Tutti aspetti che variano notevolmente nelle diverse aree del Paese. Nella fattura, infatti, il cittadino non paga direttamente il “valore” dell’acqua (che è pubblica e gratuita), bensì i costi che vengono sostenuti per la sua gestione, da quando viene prelevata dall’ambiente al processo di potabilizzazione, fino alla distribuzione nella rete e alla depurazione dei reflui. Inoltre, occorre ricordare, non sono i gestori a stabilire autonomamente le tariffe del servizio. È l’Autorità di regolazione, l’ARERA, a fissare criteri omogenei in tutta la nazione. Tali criteri sono poi applicati localmente da Enti di Ambito territoriale, che definiscono la tariffa in base alle caratteristiche distintive della singola area.
Tutto ciò per rispettare un equilibrio tra gli oneri reali del servizio, gli investimenti previsti e gli obiettivi di qualità da raggiungere. Vediamo allora nel dettaglio 4 motivi per i quali le tariffe idriche variano a seconda del luogo di appartenenza.

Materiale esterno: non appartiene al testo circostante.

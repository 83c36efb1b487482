-- ===== src/Frontier/Ommers.antt =====
-- The frontier that stands for the leaves `f 0` to `f p`, and its number of ommers.
use incrementalmerkletree.Prelude.{
  ℕ, zero, suc, ◌-◌, ◌/◌, ◌%◌, ◌^◌, ◌<◌, ◌≡◌, refl, arith, List, [], ◌∷◌, if◌then◌else◌, ◌==◌,
  length, ok, err, ◌∙◌, pow_double, sym, ==_iff, ◌⊎◌, ◌≢◌, inl, inr, Bool-cases, true, false,
}
use incrementalmerkletree.Position.{Position, past_ommer_count}
use incrementalmerkletree.Position.Digits.{ones, past_ommer_count_eq}
use incrementalmerkletree.Hashable.{Hashable}
use incrementalmerkletree.Hashable.Node.{node}
use incrementalmerkletree.Frontier.{NonEmptyFrontier, from_parts, position_mismatch}

module _ {ℓ} {H : Type ℓ} ⦃h : Hashable H⦄ where
  -- For each set digit of `q`, from level `l` up, the node left of the path.
  unfoldable pub ommers_at : (ℕ → H) → ℕ → ℕ → ℕ → List H
  ommers_at f zero l q = []
  ommers_at f (suc n) l q =
      let rest = ommers_at f n (suc l) (q / 2) in
      if q % 2 == 1 then node f l (q - 1) ∷ rest else rest

  -- The frontier of the leaves `f 0`, …, `f p`.
  abbrev pub frontier_at : (ℕ → H) → ℕ → NonEmptyFrontier H
  frontier_at f p = record { position = p; leaf = f p; ommers = ommers_at f 64 0 p }

  pub ommers_odd :
      (f : ℕ → H) (n l q : ℕ)
      → q % 2 ≡ 1
      → ommers_at f (suc n) l q ≡ node f l (q - 1) ∷ ommers_at f n (suc l) (q / 2)
  unfolding ommers_at
  ommers_odd f n l q odd = rw odd refl

  pub ommers_even :
      (f : ℕ → H) (n l q : ℕ) → q % 2 ≡ 0 → ommers_at f (suc n) l q ≡ ommers_at f n (suc l) (q / 2)
  unfolding ommers_at
  ommers_even f n l q even = rw even refl

  pub ommers_zero : (f : ℕ → H) (l q : ℕ) → ommers_at f zero l q ≡ []
  unfolding ommers_at
  ommers_zero f l q = refl

  -- Levels above the highest set digit add nothing.
  pub ommers_none : (f : ℕ → H) (n l : ℕ) → ommers_at f n l 0 ≡ []
  unfolding ommers_at
  ommers_none f zero l = refl
  ommers_none f (suc n) l = ommers_none f n (suc l)

  pub ommers_stable :
      (f : ℕ → H) (n m l q : ℕ) → q < 2 ^ n → q < 2 ^ m → ommers_at f n l q ≡ ommers_at f m l q
  unfolding ommers_at
  ommers_stable f zero m l q hn hm = let e : q ≡ 0 = omega arith in rw e (sym (ommers_none f m l))
  ommers_stable f (suc n) zero l q hn hm =
      let e : q ≡ 0 = omega arith in rw e (ommers_none f n (suc l))
  ommers_stable f (suc n) (suc m) l q hn hm =
      rw
        (ommers_stable f n m (suc l) (q / 2) (omega (arith, pow_double n))
          (omega (arith, pow_double m)))
        refl

  pub length-ommers_at : (f : ℕ → H) (n l q : ℕ) → length (ommers_at f n l q) ≡ ones n q
  unfolding ommers_at
  length-ommers_at f zero l q = refl
  length-ommers_at f (suc n) l q = ground (arith, length-ommers_at f n (suc l) (q / 2))

  pub count-ommers_at :
      (f : ℕ → H) (p : Position) → p < 2 ^ 64 → length (ommers_at f 64 0 p) ≡ past_ommer_count p
  count-ommers_at f p hp = length-ommers_at f 64 0 p ∙ sym (past_ommer_count_eq p hp)

  pub from_parts-frontier_at :
      (f : ℕ → H) (p : Position)
      → p < 2 ^ 64
      → from_parts p (f p) (ommers_at f 64 0 p) ≡ ok (frontier_at f p)
  unfolding from_parts
  from_parts-frontier_at f p hp = rw ((==_iff _ _).1 (count-ommers_at f p hp)) refl

  -- For a position of 64 bits, from_parts makes the frontier of the given parts if the ommers
  -- are as many as the set digits of the position, and otherwise fails with the error that
  -- says how many they should be.
  pub from_parts-ones :
      (p : Position) (v : H) (ommers : List H)
      → p < 2 ^ 64
      → ((length ommers ≡ ones 64 p)
          × (from_parts p v ommers ≡ ok (record { position = p; leaf = v; ommers = ommers })))
        ⊎ ((length ommers ≢ ones 64 p)
            × (from_parts p v ommers ≡ err (position_mismatch (ones 64 p))))
  unfolding from_parts
  from_parts-ones p v ommers hp =
      rw (past_ommer_count_eq p hp) (elim (Bool-cases (length ommers == ones 64 p)) [
        | inl same ↦ inl ((==_iff _ _).0 same, rw same refl)
        | inr other ↦ inr (
          (λ same. let bad : true ≡ false = sym ((==_iff _ _).1 same) ∙ other in absurd cc),
          rw other refl,
        )
      ])
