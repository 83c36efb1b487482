-- ===== src/Frontier/Append.antt =====
-- Lemmas on `NonEmptyFrontier::append` of incrementalmerkletree/src/frontier.rs, on frontiers
-- of a sequence of leaves.
use native.Mathlib.Nat.{mod-eq_of_lt}
use incrementalmerkletree.Prelude.{
  ℕ, zero, suc, ◌+◌, ◌-◌, ◌*◌, ◌/◌, ◌%◌, ◌^◌, ◌≤◌, ◌<◌, ◌≡◌, refl, arith, some, none, List, [], ◌∷◌,
  ◌++◌, ap, ◌∙◌, pow_double, sym, drop, get_elem?-drop, drop-suc, fmap_comp, foldl_option, ==_self,
  ==_of_lt, ap₂, append_assoc, append-nil, inl, inr, fmap, false,
}
use incrementalmerkletree.Prelude.{◌⊎◌}
use incrementalmerkletree.Position.{Position, root_level, is_right_child}
use incrementalmerkletree.Position.Digits.{is_right_child_iff, root_level-least}
use incrementalmerkletree.Hashable.{Hashable}
use incrementalmerkletree.Hashable.Node.{node}
use incrementalmerkletree.WitnessAddrs.{witness_addrs}
use incrementalmerkletree.WitnessAddrs.Items.{
  path_items, items_odd, items_even, items_zero, witness_addrs_items,
}
use incrementalmerkletree.Frontier.{NonEmptyFrontier, append_step, append, push_carry}
use incrementalmerkletree.Frontier.Ommers.{
  ommers_at, frontier_at, ommers_odd, ommers_even, ommers_stable, ommers_zero,
}

pub parity : (q : ℕ) → (q % 2 ≡ 1) ⊎ (q % 2 ≡ 0)
parity q = omega arith

module _ {ℓ} {H : Type ℓ} ⦃h : Hashable H⦄ (f : ℕ → H) (os : List H) where
  -- With no carry the loop copies the ommers that are left.
  loop_copy :
      (n l q c : ℕ) (new : List H)
      → drop c os ≡ ommers_at f n l q
      → foldl_option (append_step os) (none, new) (path_items n l q c)
        ≡ some (none, new ++ ommers_at f n l q)
  unfolding append_step
  loop_copy zero l q c new e =
      rw (items_zero, ommers_zero f l q) (ap (λ t. some (none, t)) (sym (append-nil new)))
  loop_copy (suc n) l q c new e = elim (parity q) [
    | inl odd ↦
        let e' = e ∙ ommers_odd f n l q odd in
        rw (items_odd n l q c odd, ommers_odd f n l q odd, get_elem?-drop c os e')
          (loop_copy n (suc l) (q / 2) (suc c) (new ++ node f l (q - 1) ∷ []) (drop-suc c os e')
            ∙ ap (λ t. some (none, t))
                (append_assoc new (node f l (q - 1) ∷ []) (ommers_at f n (suc l) (q / 2))))
    | inr even ↦
        rw (items_even n l q c even, ommers_even f n l q even)
          (loop_copy n (suc l) (q / 2) c new (e ∙ ommers_even f n l q even))
  ]

  -- A carry from below the level is pushed before the next ommer, or at the end.
  loop_wait :
      (n l q c cl : ℕ) (v : H) (new : List H)
      → cl < l
      → drop c os ≡ ommers_at f n l q
      → fmap push_carry (foldl_option (append_step os) (some (v, cl), new) (path_items n l q c))
        ≡ some (new ++ v ∷ ommers_at f n l q)
  unfolding append_step
  loop_wait zero l q c cl v new lt e = rw (items_zero, ommers_zero f l q) refl
  loop_wait (suc n) l q c cl v new lt e = elim (parity q) [
    | inl odd ↦
        let e' = e ∙ ommers_odd f n l q odd in
        let o = node f l (q - 1) in
        rw
          (
            items_odd n l q c odd,
            ommers_odd f n l q odd,
            get_elem?-drop c os e',
            ==_of_lt cl l lt,
            loop_copy n (suc l) (q / 2) (suc c) (new ++ v ∷ o ∷ []) (drop-suc c os e'),
          )
          (ap some (append_assoc new (v ∷ o ∷ []) (ommers_at f n (suc l) (q / 2))))
    | inr even ↦
        rw (items_even n l q c even, ommers_even f n l q even)
          (loop_wait n (suc l) (q / 2) c cl v new (omega arith) (e ∙ ommers_even f n l q even))
  ]

  -- The parent of a right child, from the two children.
  node_merge :
      (l q : ℕ) → q % 2 ≡ 1 → h.combine l (node f l (q - 1)) (node f l q) ≡ node f (suc l) (q / 2)
  node_merge l q odd =
      let left : 2 * (q / 2) ≡ q - 1 = omega arith in
      let right : 2 * (q / 2) + 1 ≡ q = omega arith in
      ap₂ (λ i j. h.combine l (node f l i) (node f l j)) (sym left) (sym right)

  -- The carry of the node of index `q` climbs to the lowest clear digit of `q`.
  loop_carry :
      (n l q c : ℕ) (new : List H)
      → q < 2 ^ n
      → l + n < 256
      → drop c os ≡ ommers_at f n l q
      → fmap push_carry
          (foldl_option (append_step os) (some (node f l q, l), new) (path_items n l q c))
        ≡ some (new ++ ommers_at f (suc n) l (q + 1))
  unfolding append_step
  loop_carry zero l q c new small room e =
      let z : q ≡ 0 = omega arith in
      rw (z, items_zero, ommers_odd f 0 l 1 refl, ommers_zero f (suc l) 0) refl
  loop_carry (suc n) l q c new small room e = elim (parity q) [
    | inl odd ↦
        let e' = e ∙ ommers_odd f n l q odd in
        let up : (l + 1) % 2 ^ 8 ≡ suc l = omega arith in
        let half : (q + 1) / 2 ≡ q / 2 + 1 = omega arith in
        rw
          (
            items_odd n l q c odd,
            get_elem?-drop c os e',
            ==_self l,
            node_merge l q odd,
            up,
            ommers_even f (suc n) l (q + 1) (omega arith),
            half,
          )
          (loop_carry n (suc l) (q / 2) (suc c) new (omega (arith, pow_double n)) (omega arith)
            (drop-suc c os e'))
    | inr even ↦
        let half : (q + 1) / 2 ≡ q / 2 = omega arith in
        let back : q + 1 - 1 ≡ q = omega arith in
        rw
          (
            items_even n l q c even,
            loop_wait n (suc l) (q / 2) c l (node f l q) new (omega arith)
                (e ∙ ommers_even f n l q even),
            ommers_odd f (suc n) l (q + 1) (omega arith),
            half,
            back,
            ommers_stable f (suc n) n (suc l) (q / 2)
                (omega (arith, pow_double n, pow_double (suc n))) (omega (arith, pow_double n)),
          )
          refl
  ]

module _ {ℓ} {H : Type ℓ} ⦃h : Hashable H⦄ (f : ℕ → H) (p : Position) (fits : p + 1 < 2 ^ 64) where
  -- A right-hand leaf: the leaf before it becomes the first ommer.
  ommers_next_odd : p % 2 ≡ 0 → f p ∷ ommers_at f 64 0 p ≡ ommers_at f 64 0 (p + 1)
  ommers_next_odd even =
      let half : (p + 1) / 2 ≡ p / 2 = omega arith in
      let back : p + 1 - 1 ≡ p = omega arith in
      rw (ommers_even f 63 0 p even, ommers_odd f 63 0 (p + 1) (omega arith), half, back) refl

  -- A left-hand leaf: the loop over the path of the leaf before it.
  ommers_next_even :
      fmap push_carry (
        foldl_option
          (append_step (ommers_at f 64 0 p))
          (some (f p, 0), [])
          (witness_addrs p (root_level (p + 1))))
      ≡ some (ommers_at f 64 0 (p + 1))
  ommers_next_even =
      let r = root_level (p + 1) in
      let top : r ≤ 64 = (root_level-least (p + 1) 64 fits).1 fits in
      let held : p + 1 < 2 ^ r = (root_level-least (p + 1) r fits).0 (omega arith) in
      rw (witness_addrs_items p r (omega arith)) (
        loop_carry f (ommers_at f 64 0 p) r 0 p 0 [] (omega arith) (omega arith)
          (ommers_stable f 64 r 0 p (omega arith) (omega arith))
        ∙ ap some (ommers_stable f (suc r) 64 0 (p + 1) (omega (arith, pow_double r)) fits))

  -- Appending the next leaf never panics, and gives the frontier of all the leaves.
  pub append-frontier_at : append (frontier_at f p) (f (p + 1)) ≡ some (frontier_at f (p + 1))
  unfolding append
  append-frontier_at = elim (parity p) [
    | inl odd ↦
        rw
          (
            mod-eq_of_lt fits,
            not_right (omega arith),
            fmap_comp {C = NonEmptyFrontier H} push_carry
                (λ os. record { position = p + 1; leaf = f (p + 1); ommers = os })
                (foldl_option (append_step (ommers_at f 64 0 p)) (some (f p, 0), [])
                  (witness_addrs p (root_level (p + 1)))),
            ommers_next_even,
          )
          refl
    | inr even ↦
        rw (mod-eq_of_lt fits, (is_right_child_iff (p + 1)).1 (omega arith), ommers_next_odd even)
          refl
  ]
    where
      not_right : (p + 1) % 2 ≡ 0 → is_right_child (p + 1) ≡ false
      not_right e = ground (arith, is_right_child_iff (p + 1))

1. La disponibilità e la qualità della risorsa idrica contano
Uno dei primi fattori da tenere presente è la disponibilità della risorsa in uno specifico comprensorio. Va da sé che dove c’è una maggiore presenza in natura di acqua di qualità, sarà minore il costo per il processo di potabilizzazione. In alcune parti d’Italia l’acqua utilizzata per il servizio idrico integrato non solo è abbondante e facilmente accessibile, ma è anche di qualità elevata fin dalle sue sorgenti tanto che sono sufficienti pochi trattamenti. In altre serve invece un processo complesso per l’approvvigionamento e per garantire la sicurezza per il consumo umano tramite le fasi che definiscono la potabilizzazione della risorsa.
Tra Firenze, Prato e Pistoia, la scarsità di falde acquifere, capaci di fornire quantità costanti per la numerosa popolazione presente, da una parte e l’uso prevalentemente per fini industriali, dall’altro, ha imposto nel tempo di privilegiare l’acqua prelevata dal fiume Arno per garantire l’approvvigionamento del territorio, realizzando inoltre l’invaso artificiale di Bilancino come bacino di stoccaggio per mettere al sicuro la piana dalla siccità. Una scelta che viene da lontano, dalla nascita dell’acquedotto moderno realizzato negli anni di Firenze Capitale, quando furono scartate altre ipotesi di approvvigionamento per concentrarci sulla risorsa del fiume.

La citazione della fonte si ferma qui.